Task brief → The data below holds a line containing "lines_from line (c" and a line containing "strip_left (c ∷"; please quote exactly those two lines and every line between them, and nothing else.

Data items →
▽

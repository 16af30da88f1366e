-- ===== src/Text/Lines.antt =====
-- `str.splitlines()`, `str.strip()`, and the line ends of a file that is read as text.
use abk_5_15_backport.Prelude.{
  ℕ, Bool, true, false, ◌||◌, ◌&&◌, List, [], ◌∷◌, ◌++◌, ◌≡◌, refl, ◌∙◌, ap, arith, All, any,
  if◌then◌else◌, leb, ◌==◌, append_assoc, append-nil,
}
use abk_5_15_backport.Text.{Text}
use abk_5_15_backport.Text.Words.{is_space}

-- "\r\n" and "\r" become "\n".
unfoldable pub universal_newlines : Text → Text
universal_newlines [] = []
universal_newlines (c ∷ []) = (if c == 13 then 10 else c) ∷ []
universal_newlines (c ∷ d ∷ t) =
    let both = universal_newlines t in
    let one = universal_newlines (d ∷ t) in
    if c == 13 then (if d == 10 then 10 ∷ both else 10 ∷ one) else c ∷ one

-- The characters that end a line for `str.splitlines()`, beside "\r\n" and "\r".
unfoldable pub is_line_end : ℕ → Bool
is_line_end c =
    (leb 10 c && leb c 12) || (leb 28 c && leb c 30) || c == 133 || c == 8232 || c == 8233

-- `line` holds the characters of the line before the text.
unfoldable pub lines_from : Text → Text → List Text
unfolding is_line_end
lines_from [] [] = []
lines_from (l ∷ line) [] = (l ∷ line) ∷ []
lines_from line (c ∷ t) =
    let next = lines_from [] t in
    let longer = lines_from (line ++ c ∷ []) t in if is_line_end c then line ∷ next else longer

unfoldable pub splitlines : Text → List Text
unfolding universal_newlines lines_from
splitlines t = lines_from [] (universal_newlines t)

-- `t.lstrip()`
unfoldable pub strip_left : Text → Text
unfolding is_space
strip_left [] = []
strip_left (c ∷ t) = let rest = strip_left t in if is_space c then rest else c ∷ t

unfoldable pub is_blank : Text → Bool
unfolding is_space
is_blank [] = true
is_blank (c ∷ t) = is_space c && is_blank t

-- `t.rstrip()`
unfoldable pub strip_right : Text → Text
unfolding is_blank
strip_right [] = []
strip_right (c ∷ t) = let rest = strip_right t in if is_blank (c ∷ t) then [] else c ∷ rest

-- `t.strip()`
unfoldable pub strip : Text → Text
unfolding strip_left strip_right
strip t = strip_right (strip_left t)

-- No character of the line ends a line.
abbrev pub HasNoEnd : Text → Type 0
HasNoEnd t = any (λ c. is_line_end c || c == 13) t ≡ false

-- Every line with its line feed.
abbrev pub unlines : List Text → Text
unlines [] = []
unlines (l ∷ ls) = l ++ 10 ∷ unlines ls

lines_from-line :
    (w l t : Text) → HasNoEnd l → lines_from w (l ++ 10 ∷ t) ≡ (w ++ l) ∷ lines_from [] t
unfolding lines_from
lines_from-line [] [] t h = refl
lines_from-line (d ∷ w) [] t h = rw append-nil refl
lines_from-line [] (c ∷ l) t h =
    let here : is_line_end c ≡ false = ground arith in
    let later : HasNoEnd l = ground arith in rw here (lines_from-line (c ∷ []) l t later)
lines_from-line (d ∷ w) (c ∷ l) t h =
    let here : is_line_end c ≡ false = ground arith in
    let later : HasNoEnd l = ground arith in
    rw here (
      lines_from-line (d ∷ w ++ c ∷ []) l t later
      ∙ ap (λ x. (d ∷ x) ∷ lines_from [] t) (append_assoc w (c ∷ []) l))

universal_newlines-line :
    (l t : Text) → HasNoEnd l → universal_newlines (l ++ 10 ∷ t) ≡ l ++ 10 ∷ universal_newlines t
unfolding universal_newlines
universal_newlines-line [] [] h = refl
universal_newlines-line [] (d ∷ t) h = refl
universal_newlines-line (c ∷ []) t h =
    let here : (c == 13) ≡ false = ground arith in
    rw here (ap (λ r. c ∷ r) (universal_newlines-line [] t refl))
universal_newlines-line (c ∷ d ∷ l) t h =
    let here : (c == 13) ≡ false = ground arith in
    let later : HasNoEnd (d ∷ l) = ground arith in
    rw here (ap (λ r. c ∷ r) (universal_newlines-line (d ∷ l) t later))

universal_newlines-unlines :
    (ls : List Text) → All HasNoEnd ls → universal_newlines (unlines ls) ≡ unlines ls
universal_newlines-unlines [] h = unfold universal_newlines in refl
universal_newlines-unlines (l ∷ ls) (p, h) =
    universal_newlines-line l (unlines ls) p
    ∙ ap (λ t. l ++ 10 ∷ t) (universal_newlines-unlines ls h)

lines_from-unlines : (ls : List Text) → All HasNoEnd ls → lines_from [] (unlines ls) ≡ ls
lines_from-unlines [] h = unfold lines_from in refl
lines_from-unlines (l ∷ ls) (p, h) =
    lines_from-line [] l (unlines ls) p ∙ ap (λ r. l ∷ r) (lines_from-unlines ls h)

pub splitlines-unlines : (ls : List Text) → All HasNoEnd ls → splitlines (unlines ls) ≡ ls
unfolding splitlines
splitlines-unlines ls h =
    ap (lines_from []) (universal_newlines-unlines ls h) ∙ lines_from-unlines ls h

△

Expected output →
lines_from line (c ∷ t) =
    let next = lines_from [] t in
    let longer = lines_from (line ++ c ∷ []) t in if is_line_end c then line ∷ next else longer

unfoldable pub splitlines : Text → List Text
unfolding universal_newlines lines_from
splitlines t = lines_from [] (universal_newlines t)

-- `t.lstrip()`
unfoldable pub strip_left : Text → Text
unfolding is_space
strip_left [] = []
strip_left (c ∷ t) = let rest = strip_left t in if is_space c then rest else c ∷ t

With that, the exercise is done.